I agree that the training before the degree is conferred is less than adequate in many cases. However, to achieve independent practice the MSW recipient needs to practice in a supervised setting (I.e., associate licensure) for usually 2 full-time years after graduating.

My good friend has an MSW and had a similar number of therapy face-to-face hours as I did before I applied to internship. By the time internship and post-doc are over, the hours basically level out. The only difference is they had their degree a year ahead of me and even at an associate licensure were able to bill significantly higher than my pre-licensure rate, which as many folks have pointed out is $0 unless private insurers are allowing incident-to billing.
 
I agree that the training before the degree is conferred is less than adequate in many cases. However, to achieve independent practice the MSW recipient needs to practice in a supervised setting (I.e., associate licensure) for usually 2 full-time years after graduating.

My good friend has an MSW and had a similar number of therapy face-to-face hours as I did before I applied to internship. By the time internship and post-doc are over, the hours basically level out. The only difference is they had their degree a year ahead of me and even at an associate licensure were able to bill significantly higher than my pre-licensure rate, which as many folks have pointed out is $0 unless private insurers are allowing incident-to billing.

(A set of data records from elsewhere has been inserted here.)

-- ===== src/Views/Rows.antt =====
-- The table of the jobs with its toolbar and its pager (web/src/components/JobTable.jsx).
pub mod Listing
pub mod Offers
pub mod Crash
use job_flow_web_application.Prelude.{
  ℕ, ◌+◌, ◌-◌, List, [], ◌∷◌, ◌++◌, Bool, true, false, Option, none, some, leb, if◌then◌else◌,
}
use job_flow_web_application.Prelude.Text.{Text, txt, ◌==◌}
use job_flow_web_application.Model.{Job}
use job_flow_web_application.Format.{job_display_name, queue_display_name}
use job_flow_web_application.Templates.{status_options}
use job_flow_web_application.Filters.{Filters}
use job_flow_web_application.Table.{
  page_ids, all_page_selected, contains, selected_jobs, export_scope, Control, query, status, queue,
  sort, page_size, previous, following,
}
use job_flow_web_application.Markup.{
  section, div, h3, p, span, button, input, select, option, click, key, value, class_name, named,
  checked, disabled, on, stops, on_toggle, on_change, Markup, el, each, when, text, class, words,
  glyph, child, children,
}
use job_flow_web_application.Views.{Locale}
use job_flow_web_application.Views.Fleet.{is_none_of}
use job_flow_web_application.Views.Details.{status_badge}

-- What the handlers of the table do: those of its props, and those of its own.
pub data TableAction : Type 0 where
  choose retry ask_cancel : Job → TableAction
  export : List Job → TableAction
  toggle : Text → TableAction
  toggle_all bulk_retry bulk_cancel : TableAction
  control : Control → TableAction

module _ (locale : Locale) {A : Type 0} (act : TableAction → A) where
  unfoldable pub table_buttons : List Job → List Text → Markup A
  table_buttons all_jobs selected = el div (class "panel-title split" ∷ []) (
      el div []
        (el h3 [] (words "Jobs" ∷ []) ∷ el span [] (words "Manage and monitor all jobs" ∷ []) ∷ [])
      ∷ el div (class "button-row" ∷ []) (
          el button
            (class "secondary" ∷ on click (act (export (export_scope all_jobs selected))) ∷ [])
            (glyph "Download" 15 [] ∷ words " Export" ∷ [])
          ∷ el button
              (class "secondary"
                ∷ disabled (is_none_of (selected_jobs all_jobs selected))
                ∷ on click (act bulk_retry)
                ∷ [])
              (glyph "RotateCcw" 15 [] ∷ words " Retry" ∷ [])
          ∷ el button
              (class "secondary danger"
                ∷ disabled (is_none_of (selected_jobs all_jobs selected))
                ∷ on click (act bulk_cancel)
                ∷ [])
              (glyph "Trash2" 15 [] ∷ words " Cancel" ∷ [])
          ∷ [])
      ∷ [])

  -- An option with no value has its text for one.
  abbrev plain_option : Text → Markup A
  plain_option name = el option [] (text name ∷ [])

  abbrev valued_option : Text × Text → Markup A
  valued_option (v, name) = el option (value v ∷ []) (text name ∷ [])

  abbrev queue_filters : List Text
  queue_filters =
      txt "all" ∷ txt "emails" ∷ txt "images" ∷ txt "webhooks" ∷ txt "reports" ∷ txt "default" ∷ []

  abbrev sort_options : List (Text × Text)
  sort_options =
      (txt "created_desc", txt "newest")
      ∷ (txt "priority_desc", txt "priority")
      ∷ (txt "attempts_desc", txt "attempts")
      ∷ (txt "status_asc", txt "status")
      ∷ []

  abbrev size_options : List (Text × Text)
  size_options =
      (txt "10", txt "10 rows") ∷ (txt "25", txt "25 rows") ∷ (txt "50", txt "50 rows") ∷ []

  -- `to_size` is `Number` on the values of the options of the last select.
  unfoldable pub toolbar : (Text → ℕ) → Filters → Markup A
  toolbar to_size filters = el div (class "toolbar" ∷ []) (
      el input
        (named (txt "placeholder") (txt "Search type, queue, status")
          ∷ value filters.query
          ∷ on_change (λ typed. act (control (query typed)))
          ∷ [])
        []
      ∷ el select (value filters.status ∷ on_change (λ chosen. act (control (status chosen))) ∷ [])
          (each (λ name. el option (key name ∷ []) (text name ∷ [])) status_options ∷ [])
      ∷ el select (value filters.queue ∷ on_change (λ chosen. act (control (queue chosen))) ∷ [])
          (each plain_option queue_filters ∷ [])
      ∷ el select (value filters.sort ∷ on_change (λ chosen. act (control (sort chosen))) ∷ [])
          (each valued_option sort_options ∷ [])
      ∷ el select
          (value (locale.number_text filters.page_size)
            ∷ on_change (λ chosen. act (control (page_size (to_size chosen))))
            ∷ [])
          (each valued_option size_options ∷ [])
      ∷ [])

  unfoldable pub head_row : List Job → List Text → Markup A
  head_row jobs selected = el div (class "row head" ∷ []) (
      el span [] (
        el input
          (named (txt "type") (txt "checkbox")
            ∷ checked (all_page_selected (page_ids jobs) selected)
            ∷ on_toggle (act toggle_all)
            ∷ [])
          []
        ∷ [])
      ∷ el span [] (words "Job Name" ∷ [])
      ∷ el span [] (words "Queue" ∷ [])
      ∷ el span [] (words "Status" ∷ [])
      ∷ el span [] (words "Priority" ∷ [])
      ∷ el span [] (words "Attempts" ∷ [])
      ∷ el span [] []
      ∷ [])

  -- `selectedJob?.id === job.id`
  abbrev is_selected : Option Job → Job → Bool
  is_selected none job = false
  is_selected (some selected) job = selected.id == job.id

  unfoldable pub job_row : Option Job → List Text → Job → Markup A
  unfolding status_badge
  job_row selected_job selected job =
      el button
        (class_name
            (txt "row " ++ (if is_selected selected_job job then txt "selected" else txt ""))
          ∷ key job.id
          ∷ on click (act (choose job))
          ∷ [])
        (el span (stops click ∷ []) (
            el input
              (named (txt "type") (txt "checkbox")
                ∷ checked (contains selected job.id)
                ∷ on_toggle (act (toggle job.id))
                ∷ [])
              []
            ∷ [])
          ∷ el span [] (child locale.int_text (job_display_name (some job)) ∷ [])
          ∷ el span [] (text (queue_display_name job.queue) ∷ [])
          ∷ status_badge job.status
          ∷ el span [] (text (locale.int_text job.priority) ∷ [])
          ∷ el span [] (
              text (locale.int_text job.attempts)
              ∷ words " / "
              ∷ text (locale.int_text job.max_attempts)
              ∷ [])
          ∷ el span (class "actions" ∷ []) (
              glyph "RotateCcw" 15 (stops click ∷ on click (act (retry job)) ∷ [])
              ∷ glyph "Trash2" 15 (stops click ∷ on click (act (ask_cancel job)) ∷ [])
              ∷ [])
          ∷ [])

  unfoldable pub pagination : Filters → ℕ → Markup A
  pagination filters page_count = el div (class "pagination" ∷ []) (
      el button
        (class "icon-button small"
          ∷ disabled (leb filters.page 1)
          ∷ on click (act (control previous))
          ∷ [])
        (glyph "ChevronLeft" 16 [] ∷ [])
      ∷ el span [] (
          words "Page "
          ∷ text (locale.number_text filters.page)
          ∷ words " of "
          ∷ text (locale.number_text page_count)
          ∷ [])
      ∷ el button
          (class "icon-button small"
            ∷ disabled (leb page_count filters.page)
            ∷ on click (act (control following))
            ∷ [])
          (glyph "ChevronRight" 16 [] ∷ [])
      ∷ [])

Having known several MSW grads, the quality of those hours is more similar to an informal post-doc in many cases. I have yet to hear about an MSW getting anything similar to the quality of supervision offered in a doctoral internship. Social work got the licensing portion right, IMO. They are also ubiquitous enough to do your clinical training in a single place. That said, the quality of the clinical training does not compare to a clinical psych PhD/PsyD. Like I said, there is no perfect answer for what most people want (good training with an easy direct entry into a decent paying healthcare job.) Each path has its positives and negatives.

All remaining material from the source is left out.